Fine-Tuning: Specializing a Pretrained Model

After pretraining produces a model with broad, general language understanding, fine-tuning adapts it to a specific task or behavior using a much smaller, often labeled dataset.

# Fine-tuning on a smaller, task-specific labeled dataset
model = load_pretrained_model("base-llm")
for batch in fine_tuning_dataset: # much smaller than the pretraining corpus
inputs, labels = batch
predictions = model(inputs)
loss = compute_loss(predictions, labels)
loss.backward()
optimizer.step()

This two-stage approach — broad pretraining, then narrow fine-tuning — is directly analogous to transfer learning in computer vision (pretraining a CNN on a large general image dataset, then fine-tuning on a smaller specific dataset), applied at a much larger scale in the language domain.

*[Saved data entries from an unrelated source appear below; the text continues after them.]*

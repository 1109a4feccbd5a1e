-- ===== src/DeleteAccount/Handler.antt =====
-- The deletion handler, stage by stage: supabase/functions/delete-account/handler.ts.
pub mod Safety
pub mod Stages
pub mod Phases
pub mod Pages
pub mod Removal
pub mod Protocol
pub mod Order
mod Tests
use etkin_link.Base.{
  ℕ, zero, suc, ◌+◌, Bool, true, false, not, ◌&&◌, ◌||◌, List, [], ◌∷◌, Option, none, some, ltb,
  leb, ◌==◌, if◌then◌else◌, length, take, drop, last_or,
}
use etkin_link.Int.{ℤ}
use etkin_link.Text.{Str, codes, str_eq, str_le, to_lower_case, index_of}
use etkin_link.Text.Pattern.{matches, uuid}
use etkin_link.Json.{Json}
use etkin_link.Http.{Request, Platform}
use etkin_link.Effect.{Result, ok, err, Act, pure, throw, call, throw_none, ◌>>=◌, ◌>>◌, throw_if}
use etkin_link.DeleteAccount.State
use etkin_link.DeleteAccount.State.{
  Phase, requested, auth_deleted, storage_deleting, completed, phase_rank, phase_eq, DeletionState,
  Claims, AuthState, Code, Answer, error, deleted, resumable, Response, Call, Dependencies, Exit,
  answer, out_of_fuel,
}
use etkin_link.DeleteAccount.Request.{
  RequestBodyError, read_bounded_json_body, recent_login_is_valid, parse_client_request_id,
  bearer_token,
}

abbrev pub storage_list_page_size : ℕ
storage_list_page_size = 100

abbrev pub storage_remove_chunk_size : ℕ
storage_remove_chunk_size = 100

abbrev pub max_storage_objects_per_invocation : ℕ
max_storage_objects_per_invocation = 5_000

abbrev pub error_response : ℕ → Code → Exit
error_response status code = answer (record { status = status; body = error code })

abbrev pub completed_response : DeletionState → Bool → Response
completed_response state idempotent = record {
  status = 200;
  body = deleted state.client_request_id idempotent;
}

-- `state.userId.toLowerCase() !== userId`
pub is_foreign : Str → DeletionState → Bool
is_foreign user_id state = not (str_eq (to_lower_case state.user_id) user_id)

-- `index === n`, where no index is -1.
abbrev pub is_at : ℕ → Option ℕ → Bool
is_at n none = false
is_at n (some i) = i == n

-- The test of a page of paths, from the index on whose path before is given: every path lies
-- directly in the folder of the user, after the last page, and after the path before it.
pub invalid_paths : Str → Str → Option Str → List Str → Bool
invalid_paths user_id after previous [] = false
invalid_paths user_id after previous (path ∷ paths) =
    not (is_at (length user_id) (index_of b'/' path))
    || not (str_eq (to_lower_case (take (length user_id) path)) user_id)
    || str_le path after
    || elim previous [ none ↦ false | some before ↦ str_le path before ]
    || invalid_paths user_id after (some path) paths

-- `for (index = 0; index < items.length; index += size) items.slice(index, index + size)`; the fuel
-- is the length.
pub slices_fuel {ℓ} : {A : Type ℓ} → ℕ → ℕ → List A → List (List A)
slices_fuel zero size items = []
slices_fuel (suc fuel) size [] = []
slices_fuel (suc fuel) size (x ∷ xs) =
    take size (x ∷ xs) ∷ slices_fuel fuel size (drop size (x ∷ xs))

pub slices {ℓ} : {A : Type ℓ} → ℕ → List A → List (List A)
unfolding slices_fuel
slices size items = slices_fuel (length items) size items

-- A state of the store that is at least as far as the phase aimed at, for the same user.
pub recovery : DeletionState → Phase → Option (Option DeletionState) → Option DeletionState
recovery state next (some (some current)) =
    if str_eq current.user_id state.user_id && leb (phase_rank next) (phase_rank current.phase)
    then some current
    else none
recovery state next _ = none

-- `after ?? ""`
abbrev pub text_or_empty : Option Str → Str
text_or_empty none = []
text_or_empty (some s) = s

module _ {W : Type 0} (platform : Platform) (deps : Dependencies W) where
  abbrev pub Step : Type 0 → Type 0
  Step A = Act W Call Exit A

  -- The answer of the store does not matter, nor does its failure.
  pub record_failure : DeletionState → Code → Step (Option DeletionState)
  record_failure state code =
      call (deps.advance state.user_id state.client_request_id state.phase state.phase (some code))
        (State.advance_request state.user_id state.client_request_id state.phase state.phase
          (some code))

  pub recover : DeletionState → Phase → Option DeletionState → Step (Option DeletionState)
  recover state next (some moved) = pure (some moved)
  recover state next none = do
    current ← call (deps.get state.client_request_id) (State.get_request state.client_request_id)
    pure (recovery state next current)

  -- `none` is the error of the transition, thrown again.
  pub advance_with_concurrent_recovery : DeletionState → Phase → Step (Option DeletionState)
  advance_with_concurrent_recovery state next = do
    moved ←
        call (deps.advance state.user_id state.client_request_id state.phase next none)
          (State.advance_request state.user_id state.client_request_id state.phase next none)
    recover state next moved

  pub reject_foreign : Str → DeletionState → Step (Unit {0})
  reject_foreign user_id state =
      throw_if (is_foreign user_id state) (error_response 403 State.request_owner_mismatch)

  pub finish_if_completed : DeletionState → Step (Unit {0})
  finish_if_completed state =
      throw_if (phase_eq state.phase completed) (answer (completed_response state true))

  pub read_auth_state : Str → Step AuthState
  read_auth_state user_id = do
    reply ← call (deps.auth_state user_id) (State.get_auth_state user_id)
    throw_none (error_response 502 State.auth_state_read_failed) reply

  pub require_recent_login : Claims → AuthState → Step (Unit {0})
  require_recent_login claims auth = do
    now ← call deps.now State.clock
    throw_if (not (recent_login_is_valid platform claims auth.last_sign_in_at now))
        (error_response 403 State.recent_login_required)

  -- `if (!state)`: a first request, which wants an account and a recent login.
  pub begin_deletion : Claims → Str → Str → Step (DeletionState × Option AuthState)
  begin_deletion claims user_id client_request_id = do
    auth ← read_auth_state user_id
    throw_if (not auth.exists) (error_response 401 State.auth_user_not_found)
    require_recent_login claims auth
    begun ←
        call (deps.begin user_id client_request_id) (State.begin_request user_id client_request_id)
    state ← throw_none (error_response 502 State.deletion_state_create_failed) begun
    reject_foreign user_id state
    finish_if_completed state
    pure (state, some auth)

  pub continue_or_begin :
      Claims → Str → Str → Option DeletionState → Step (DeletionState × Option AuthState)
  continue_or_begin claims user_id client_request_id none =
      begin_deletion claims user_id client_request_id
  continue_or_begin claims user_id client_request_id (some state) = do
    reject_foreign user_id state
    finish_if_completed state
    pure (state, none)

  pub load_request : Claims → Str → Str → Step (DeletionState × Option AuthState)
  load_request claims user_id client_request_id = do
    reply ← call (deps.get client_request_id) (State.get_request client_request_id)
    stored ← throw_none (error_response 502 State.deletion_state_read_failed) reply
    continue_or_begin claims user_id client_request_id stored

  pub known_auth_state : Str → Option AuthState → Step AuthState
  known_auth_state user_id none = read_auth_state user_id
  known_auth_state user_id (some auth) = pure auth

  -- After the deletion of the account the status is read again, and decides.
  pub confirm_deleted : DeletionState → Option AuthState → Step (Unit {0})
  confirm_deleted state none =
      record_failure state State.auth_delete_status_unknown
      >> throw (error_response 502 State.auth_delete_status_unknown)
  confirm_deleted state (some auth) =
      if auth.exists
      then (record_failure state State.auth_delete_failed
          >> throw (error_response 502 State.auth_delete_failed))
      else pure tt

  pub delete_auth_user : Claims → Str → DeletionState → AuthState → Step (Unit {0})
  delete_auth_user claims user_id state auth = do
    require_recent_login claims auth
    call (deps.delete_auth user_id) (State.delete_auth_user user_id)
    reply ← call (deps.auth_state user_id) (State.get_auth_state user_id)
    confirm_deleted state reply

  -- `if (state.phase === "requested")`
  pub auth_stage : Claims → Str → DeletionState × Option AuthState → Step DeletionState
  auth_stage claims user_id (state, known) =
      if phase_eq state.phase requested
      then (do
        auth ← known_auth_state user_id known
        if auth.exists then delete_auth_user claims user_id state auth else pure tt
        moved ← advance_with_concurrent_recovery state auth_deleted
        throw_none (error_response 502 State.auth_deleted_state_write_failed) moved)
      else pure state

  -- `if (state.phase === "auth_deleted")`, and the checks after it
  pub storage_stage : DeletionState → Step DeletionState
  storage_stage state = do
    state' ←
        if phase_eq state.phase auth_deleted
        then (do
          moved ← advance_with_concurrent_recovery state storage_deleting
          throw_none (error_response 502 State.storage_deleting_state_write_failed) moved)
        else pure state
    finish_if_completed state'
    throw_if (not (phase_eq state'.phase storage_deleting))
        (error_response 502 State.deletion_state_invalid)
    pure state'

  pub removed_or_failed : DeletionState → Bool → Step (Unit {0})
  removed_or_failed state true = pure tt
  removed_or_failed state false =
      record_failure state State.storage_delete_failed
      >> throw (error_response 502 State.storage_delete_failed)

  pub remove_chunks : DeletionState → List (List Str) → Step (Unit {0})
  remove_chunks state [] = pure tt
  remove_chunks state (chunk ∷ rest) = do
    removed ← call (deps.remove_paths chunk) (State.remove_storage_paths chunk)
    removed_or_failed state removed
    remove_chunks state rest

  pub listed_or_failed : DeletionState → Option (List Str) → Step (List Str)
  listed_or_failed state (some paths) = pure paths
  listed_or_failed state none =
      record_failure state State.storage_list_failed
      >> throw (error_response 502 State.storage_list_failed)

  pub check_page : Str → DeletionState → Option Str → List Str → Step (Unit {0})
  check_page user_id state after paths =
      if ltb storage_list_page_size (length paths)
        || invalid_paths user_id (text_or_empty after) none paths
      then (record_failure state State.storage_list_invalid
          >> throw (error_response 502 State.storage_list_invalid))
      else pure tt

  -- One page: what is listed, once it has been checked.
  pub list_page : Str → Str → DeletionState → Option Str → Step (List Str)
  list_page user_id client_request_id state after = do
    reply ←
        call (deps.list_paths user_id client_request_id after storage_list_page_size)
          (State.list_storage_paths user_id client_request_id after storage_list_page_size)
    paths ← listed_or_failed state reply
    check_page user_id state after paths
    pure paths

  -- `while (removedCount < MAX_STORAGE_OBJECTS_PER_INVOCATION)`; the count at the end.
  pub remove_loop : ℕ → Str → Str → DeletionState → Option Str → ℕ → Step ℕ
  remove_loop zero user_id client_request_id state after removed_count =
      if ltb removed_count max_storage_objects_per_invocation
      then throw out_of_fuel
      else pure removed_count
  remove_loop (suc fuel) user_id client_request_id state after removed_count =
      let round = (do
        paths ← list_page user_id client_request_id state after
        elim paths [
          | [] ↦ pure removed_count
          | path ∷ more ↦ do
            remove_chunks state (slices storage_remove_chunk_size (path ∷ more))
            remove_loop fuel user_id client_request_id state (some (last_or more path))
                (removed_count + length (path ∷ more))
        ]) in
      if ltb removed_count max_storage_objects_per_invocation then round else pure removed_count

  pub finish_deletion : Str → DeletionState → ℕ → Step Response
  finish_deletion client_request_id state removed_count = do
    throw_if (leb max_storage_objects_per_invocation removed_count)
        (answer (record { status = 202; body = resumable client_request_id }))
    moved ← advance_with_concurrent_recovery state completed
    done ← throw_none (error_response 502 State.completed_state_write_failed) moved
    pure (completed_response done false)

  -- What follows the checks of the token.
  pub run_deletion : Claims → Str → Step Response
  run_deletion claims client_request_id = do
    let user_id = to_lower_case claims.sub
    loaded ← load_request claims user_id client_request_id
    authless ← auth_stage claims user_id loaded
    state ← storage_stage authless
    removed_count ←
        remove_loop max_storage_objects_per_invocation user_id client_request_id state none 0
    finish_deletion client_request_id state removed_count

  pub body_or_answer : Result RequestBodyError Json → Step Json
  body_or_answer (ok payload) = pure payload
  body_or_answer (err e) = throw (error_response e.status e.code)

  -- `!UUID_PATTERN.test(claims.sub) || !Number.isFinite(claims.iat) || !Number.isInteger(claims.iat)`
  abbrev pub malformed : Claims → Bool
  malformed claims =
      not (matches uuid claims.sub) || elim claims.iat [ none ↦ true | some _ ↦ false ]

  pub delete_account : Request → Step Response
  delete_account request = do
    throw_if (not (str_eq request.method (codes "POST")))
        (error_response 405 State.method_not_allowed)
    payload ← body_or_answer (read_bounded_json_body platform request)
    client_request_id ←
        throw_none (error_response 400 State.invalid_client_request_id)
          (parse_client_request_id payload)
    token ← throw_none (error_response 401 State.auth_required) (bearer_token request)
    verified ← call (deps.verify token) (State.verify_token token)
    claims ← throw_none (error_response 401 State.token_invalid) verified
    throw_if (malformed claims) (error_response 401 State.token_invalid)
    run_deletion claims client_request_id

Instruction fine-tuning further adapts a pretrained model to follow instructions and answer questions helpfully, using datasets of example instructions and desired responses. RLHF (Reinforcement Learning from Human Feedback), covered in Reinforcement Learning Basics, refines the model further using human preference judgments as a reward signal, an additional stage beyond standard supervised fine-tuning.


The Full Pipeline, End to End

1. Collect a massive raw text corpus (books, web pages, code, etc.)
2. Tokenize the corpus into subword tokens
3. Pretrain: next-token prediction, self-supervised, at enormous scale
4. Fine-tune: instruction-following behavior on curated examples
5. RLHF (optional but common): align outputs with human preferences
6. Deploy: serve the model for inference, covered in Deep Learning Deployment

Each stage builds directly on architecture and training concepts covered earlier in this series — the transformer blocks, attention mechanism, AdamW optimizer (covered in Optimizers), and learning rate warmup/decay schedules (covered in Learning Rate Scheduling) are all used essentially unchanged, just applied at a scale of billions of parameters and trillions of training tokens.

Context Window: A Practical Constraint Worth Understanding

Every LLM has a maximum context window — the number of tokens it can process in a single input, directly tied to the self-attention computation covered in Transformers, where every token attends to every other token, an operation whose computational cost grows quadratically with sequence length. This is a genuinely practical constraint: a document longer than the context window simply can’t be processed in a single pass, requiring it to be chunked, summarized in pieces, or handled through techniques like retrieval-augmented generation instead. Context window size has grown substantially across model generations as researchers have found more computationally efficient variants of attention, but the fundamental tradeoff between context length and computational cost remains a real, practical consideration when choosing a model or designing a system around one.

Summary

StagePurpose
TokenizationConverts text into a sequence of discrete, numeric tokens
EmbeddingsMaps tokens to dense, meaningful vector representations
PretrainingSelf-supervised learning of broad language understanding from raw text
Fine-tuningSpecializes the pretrained model for specific tasks or behaviors

LLMs aren’t a fundamentally different kind of neural network requiring an entirely new theoretical framework — they’re transformers, trained via the same core mechanisms covered throughout this series, distinguished mainly by their training pipeline’s scale and the specific self-supervised objective that makes learning from raw, unlabeled text at that scale possible.